LA MENTE DEL TERROR: TU PEOR PESADILLA

Por Stan Gibbs

Yeah, que espere el teléfono. Myron conocía aquel nombre. Stan Gibbs había sido un columnista de periódicos muy famoso, el típico tío que siempre pontificaba -es decir, chuleaba- en las tertulias de las noticias por cable, pero era menos molesto que la mayoría, aunque eso sea como decir que la sífilis es menos molesta que la gonorrea. Pero eso fue antes de que el escándalo lo destripara como lo haría un hombre de las cavernas abalanzado sobre un bisonte. Myron leyó:

La llamada llega de la nada.

– ¿Cuál es tu peor pesadilla? -susurra la voz-. Cierra los ojos y visualízala. ¿Puedes verla? ¿La tienes ya? ¿El peor de los miedos que puedas imaginar?

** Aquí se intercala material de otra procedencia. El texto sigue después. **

-- ===== src/Report/Cells.antt =====
-- benchcli-go/report/parsing.go: the headers and the cells of the report tables.
pub mod Rows
use go_http_benchmark.Prelude.{
  ℕ, zero, suc, ◌-◌, ◌^◌, ◌%◌, Bool, true, false, not, ◌&&◌, ◌||◌, List, [], ◌∷◌, ◌++◌, Option,
  none, some, Bytes, codes, equal, length, if◌then◌else◌, ℤ, pos, negsuc,
}
use go_http_benchmark.Golib.Strconv.{itoa}
use go_http_benchmark.Golib.Text.{trim_prefix}
use go_http_benchmark.Report.Columns.{
  Column, Kind, columns, Format, plain, client, mem, duration, cpu, hidden_fmt,
}
use go_http_benchmark.Report.Outside.{Outside}

-- A field's value; of the profiles no cell is made.
pub data Value (F : Type 0) : Type 0 where
  text : Bytes → Value F
  int : ℤ → Value F
  uint : ℕ → Value F
  float : F → Value F
  bool : Bool → Value F
  bytes : Option Bytes → Value F

-- A report: its struct, and the values of its fields in the order of their declaration.
pub record Report (F : Type 0) : Type 0 where
  pub kind : Kind
  pub values : List (Value F)

-- `tableColumn`.
unfoldable pub table_column : Column → Bool → Bool
table_column c enable_tpn =
    if equal c.md (codes "-") || not (equal c.summary []) then false else enable_tpn || not c.tpn

-- The function `headers` of `Init`.
unfoldable pub headers_of : List Column → Bool → List Bytes
headers_of [] enable_tpn = []
headers_of (c ∷ cs) enable_tpn =
    if table_column c enable_tpn then c.md ∷ headers_of cs enable_tpn else headers_of cs enable_tpn

-- The headers that `Init` gives each kind of report.
unfoldable pub headers : Kind → Bool → List Bytes
unfolding headers_of table_column
headers kind enable_tpn = headers_of (columns kind) enable_tpn

-- `clientName`.
unfoldable pub client_name : Bytes → Bytes
client_name name =
    if equal name (codes "benchcli-go")
    then codes "go-net"
    else if equal name (codes "benchcli-rust")
    then codes "rust-tokio"
    else trim_prefix name (codes "benchcli-")

-- `fmt.Sprintf("%v", v)` of an integer and of a Boolean.
abbrev pub int_text : ℤ → Bytes
int_text (pos n) = itoa n
int_text (negsuc n) = b'-' ∷ itoa (suc n)

abbrev bool_text : Bool → Bytes
bool_text true = codes "true"
bool_text false = codes "false"

-- `uint64(v)` of an `int64`.
abbrev to_uint64 : ℤ → ℕ
to_uint64 (pos n) = n % 2 ^ 64
to_uint64 (negsuc n) = 2 ^ 64 - suc n

module _ (o : Outside) where
  -- The switch on the field's type.
  abbrev pub typed_text : Value o.Float → Bytes
  typed_text (text s) = s
  typed_text (float x) = o.two_decimals x
  typed_text (int n) = int_text n
  typed_text (uint n) = itoa n
  typed_text (bool b) = bool_text b
  typed_text (bytes b) = []

  abbrev pub client_text : Value o.Float → Bytes
  client_text (text s) = client_name s
  client_text v = []

  abbrev pub mem_text : Value o.Float → Bytes
  mem_text (int n) = o.mem_string (to_uint64 n)
  mem_text (uint n) = o.mem_string n
  mem_text v = []

  abbrev pub duration_text : Value o.Float → Bytes
  duration_text (int n) = o.time_string n
  duration_text v = []

  abbrev format_text : Format → Value o.Float → Bytes
  format_text client v = client_text v
  format_text mem v = mem_text v
  format_text duration v = duration_text v
  format_text plain v = typed_text v
  format_text cpu v = typed_text v
  format_text hidden_fmt v = typed_text v

  -- `cellString`. Only fields of type `string` are tagged fmt:"client", only `int64` ones
  -- fmt:"duration".
  unfoldable pub cell_string : Column → Value o.Float → Bytes
  cell_string c v = format_text c.fmt v

  fields_of : List Column → List (Value o.Float) → Bool → List Bytes
  unfolding cell_string table_column
  fields_of [] vs enable_tpn = []
  fields_of (c ∷ cs) [] enable_tpn = []
  fields_of (c ∷ cs) (v ∷ vs) enable_tpn =
      if table_column c enable_tpn
      then cell_string c v ∷ fields_of cs vs enable_tpn
      else fields_of cs vs enable_tpn

  -- `ObjFieldValues`, which is `Fields` of every report.
  unfoldable pub obj_field_values : Report o.Float → Bool → List Bytes
  unfolding fields_of
  obj_field_values r enable_tpn = fields_of (columns r.kind) r.values enable_tpn
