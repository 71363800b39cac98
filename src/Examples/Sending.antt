-- ===== src/Examples/Sending.antt =====
-- A client of an upstream that rejects the first token, and what its debug ring shows.
use neokit.Base.{
  ◌↔◌, ◌++◌, Option, String, pos, some, ℕ, ◌∷◌, ◌*◌, [], ◌^◌, if◌then◌else◌, none, ◌≡◌, ◌⊎◌, ◌-◌,
  inr, length, refl, string_eq, suc, ◌≢◌, ◌≤◌, inl, ltb, zero, arith, take, List, true, false,
}
use neokit.Clock.{Duration, second, zero_time}
use neokit.Text.{Text, codes}
use neokit.Httpc.Client.{Times, new_source, do_with_token_retry, read_all_limited}
use neokit.Httpc.Client.Bounded.{bound_of, read_all_limited_lem}
use neokit.Httpc.Debug.{new_ring}
use neokit.Httpc.Bytes.{Response, responded, bytes}
use neokit.Httpc.Bytes.Retry.{with_status, as_bytes, bytes-do_with_token_retry}
use neokit.Httpc.Sending.{
  Body, Url, DoError, replied, no_reply, error_body_limit, check_status, send,
}
use neokit.Httpc.Sending.Redaction.{send-redacted}
use neokit.Httpc.Sending.Bodies.{whole, error_of_status, check_status-send}

-- A login gives the first token, and then another.
abbrev login : ℕ → ℕ × (ℕ ⊎ (String × Duration))
login zero = (1, inr ("old", pos (600 * second)))
login (suc n) = (suc (suc n), inr ("new", pos (600 * second)))

abbrev request : String → ℕ → ℕ × Response
request token n = (
  n,
  if string_eq.beq token "new"
      then responded 200 (some (1 ∷ 2 ∷ [])) "image/png"
      else responded 401 none "",
)

abbrev body : List ℕ
body = 100 ∷ []

abbrev at : ℕ → Times
at n = record { asked = pos (n * second); logged_in = pos (n * second) }

bytes-do_with_token_retry_example :
    let (s', w', result) =
      do_with_token_retry login (at 10) (at 11) (with_status login request) new_source 0 in
    bytes login request (at 10) (at 11) (pos 100) (some new_source) 0
    ≡ (some s', w', as_bytes login (pos 100) result)
bytes-do_with_token_retry_example =
    bytes-do_with_token_retry login request (at 10) (at 11) (pos 100) new_source 0

-- URLs of one host, with a key in the query or without.
abbrev parse : Text → Option (Url Text)
parse raw =
    some (record { rest = codes "https://host/x"; user = none; raw_query = raw; fragment = [] })

abbrev print : Url Text → Text
print u = u.rest ++ codes "?" ++ u.raw_query

abbrev error_of : DoError → Text
error_of e = codes "failed"

send-redacted_example :
    (send parse print error_of
      (codes "tmdb")
      zero_time
      7
      (codes "GET")
      (codes "key=1")
      (no_reply (codes "Get") (codes "refused"))
      (some (new_ring (pos 2)))).0
    ≡ (send parse print error_of
        (codes "tmdb")
        zero_time
        7
        (codes "GET")
        (codes "key=2")
        (no_reply (codes "Get") (codes "refused"))
        (some (new_ring (pos 2)))).0
send-redacted_example =
    send-redacted parse print error_of (codes "tmdb") (codes "GET") zero_time 7
      (no_reply (codes "Get") (codes "refused")) (some (new_ring (pos 2))) (codes "key=1")
      (codes "key=2") _ _ refl refl refl

abbrev broken : Body
broken = record { received = body; breaks = true }

check_status-send_example :
    let sent =
      (send parse print error_of
        (codes "tmdb")
        zero_time
        7
        (codes "GET")
        (codes "u")
        (replied 503 broken)
        none).1 in
    let checked = check_status (codes "tmdb") (some (503, broken)) in
    (sent ≡ inl (inr (error_of_status (codes "tmdb") 503 (take error_body_limit body))))
    × (checked ≡ some (inr (error_of_status (codes "tmdb") 503 (whole broken))))
    × ((take error_body_limit body ≡ whole broken)
        ↔ ((body ≡ []) ⊎ (true ≡ false) × (length body ≤ error_body_limit)))
check_status-send_example =
    check_status-send parse print error_of (codes "tmdb") (codes "GET") (codes "u") zero_time 7 503
      broken none refl

read_all_limited_lem_example :
    (bound_of (pos (2 ^ 63 - 1)) ≢ 2 ^ 63 - 1)
      × (read_all_limited body (pos (2 ^ 63 - 1))
          ≡ (if ltb (bound_of (pos (2 ^ 63 - 1))) (length body) then none else some body))
    ⊎ (bound_of (pos (2 ^ 63 - 1)) ≡ 2 ^ 63 - 1)
      × (read_all_limited body (pos (2 ^ 63 - 1)) ≡ some [])
read_all_limited_lem_example = read_all_limited_lem body (pos (2 ^ 63 - 1)) (omega arith)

Después de una larga pausa, respondo:

– Sí -Bien. Ahora imagina algo peor, algo mucho, mucho peor…

Myron respiró hondo. Recordó la serie de artículos. Stan Gibbs había sacado una historia sobre un extraño secuestrador. Había contado el cuento estremecedor de tres secuestros que, supuestamente, la policía había querido mantener en secreto, según Stan Gibbs, por vergüenza. No se mencionaba ningún nombre. Había hablado con las familias de las víctimas con la condición del anonimato. Y el toque de gracia consistía en que el secuestrador le había concedido una entrevista.

Le pregunto al secuestrador por qué lo hace. ¿Es por el rescate?